One would notice the apps folder, which does not fit the notation of a module. Normally each of the subfolders of the apps folder would be a separate repository or a project, with its own build and packaging. For a faster and more stable development, aided with code completion and due to limitations in Visual Studio, the current setup is chosen.

#Steps to build the CrossPlatformModules solution:

#Before start

  1. Make sure you have nodejs and npm installed
  2. Navigate to the CrossPlatformModules directory
  3. Run npm install -g grunt-cli (to be able to trigger the grunt build).
    Note: Might require sudo permissions on some *nix systems
  4. Run npm install (will install the dependencies and devDependencies)
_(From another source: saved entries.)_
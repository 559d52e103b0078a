-- ===== src/Leader/Examples.antt =====
-- The leader at a concrete policy.
use istio_oidc.Common.{String, Elem, true, false, [], ◌∷◌, some, ok, if◌then◌else◌, ◌==◌, ◌≡◌, refl}
use istio_oidc.Common.Map.{GoMap}
use istio_oidc.Api.{ApiAccessPolicy}
use istio_oidc.Api.Examples.{plain_net, shop}
use istio_oidc.AccessPolicy.Examples.{shop_secret}
use istio_oidc.Worker.{found, not_found}
use istio_oidc.Leader.{
  LeaderCluster, Leader, Gateway, update_status, update_policy, update_secret, contains, remove,
  finalizer, renew_secret, reconcile_leader,
}
use istio_oidc.Leader.Finalizing.{reconcile_leader-remove}
use istio_oidc.Leader.Living.{specified, exposed, HasFilter, reconcile_leader-live}
use istio_oidc.Leader.Secrets.{IsRenewed, renew_secret-IsRenewed}

abbrev fresh_key : String
fresh_key = "0123456789abcdef0123456789abcdef0123456789abcdef0123456789abcdef"

abbrev willing : LeaderCluster
willing = record {
  net = plain_net;
  accepts = λ w. true;
  gateways = λ ns name. not_found;
  secrets = λ ns name. found (some shop_secret);
  filters = some [];
  random_key = some fresh_key;
  address = λ host port. host;
  same_labels = λ a b. false;
}

abbrev idle : Leader
idle = record { writes = []; events = [] }

abbrev leaving : ApiAccessPolicy
leaving = record shop { deleting = true; finalizers = "other" ∷ finalizer ∷ [] }

leaving-contains : contains leaving.finalizers finalizer ≡ true
unfolding contains
leaving-contains = refl

reconcile_leader-remove_example :
    (reconcile_leader willing (found leaving) idle ≡ (
      record idle {
        writes =
            update_policy (record leaving { finalizers = remove leaving.finalizers finalizer })
            ∷ [];
      },
      ok tt,
    ))
    × (contains (remove leaving.finalizers finalizer) "other"
        ≡ (if finalizer == "other" then false else contains leaving.finalizers "other"))
reconcile_leader-remove_example =
    reconcile_leader-remove willing leaving idle "other" refl leaving-contains (λ w. refl)

renew_secret-IsRenewed_example :
    (out : GoMap String) × (m : Leader) × (renew_secret willing shop (some shop_secret) idle
      ≡ (m, ok tt))
    × (m.writes ≡ update_secret "credentials" (some out) ∷ [])
    × IsRenewed willing "tokenKey" shop_secret fresh_key "clientID" out
renew_secret-IsRenewed_example =
    renew_secret-IsRenewed willing shop shop_secret fresh_key "clientID" idle refl refl (λ w. refl)

abbrev ingress : Gateway
ingress = record { selector = ("istio", "ingress") ∷ []; servers = ("shop.example" ∷ [], 443) ∷ [] }

abbrev populated : LeaderCluster
populated = record willing {
  gateways = λ ns name. found ingress;
  secrets = λ ns name. found (some shop_secret);
}

reconcile_leader-live_example :
    (m : Leader) × (reconcile_leader populated (found shop) idle ≡ (m, ok tt))
    × (contains (specified shop).finalizers finalizer ≡ true)
    × Elem (update_policy (specified shop)) m.writes
    × Elem (update_status (exposed populated shop ingress)) m.writes
    × HasFilter populated ingress.selector [] m.writes
reconcile_leader-live_example =
    reconcile_leader-live populated shop ingress shop_secret [] fresh_key idle refl refl refl refl
      refl refl (λ w. refl)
#Visual Studio and Project Structure The CrossPlatformModules project calls a grunt task that transpiles the typescript code to JavaScript.

A module file that cannot have a common implementation across the platforms would have a modulename.d.ts file, containing the declarations of the module API and modulename.[platform].ts files, containing the actual platform-specific implementation of the module functionality. The modulename.d.ts file in that case is used by Visual Studio as an intellisense helper, forcing the Visual Studio typescript compiler to feed its definitions from the *.d.ts file rather than the implementation one.

When built, the project outputs npm packages, containing the fully transpiled code. There is a package for the modules only and packages for each subfolder of the apps folder, each representing a standalone cross-platform NativeScript application.

Useful links

VSCommands

Adds the option to "Group Items" (DependentUpon tag) within the Visual Studio Solution Explorer. Select several items, right-click -> Group Items.

A comparison of various features and APIs across mobile platforms

CLI

Run grunt to have the the packages built and output to the bin/dist subfolder.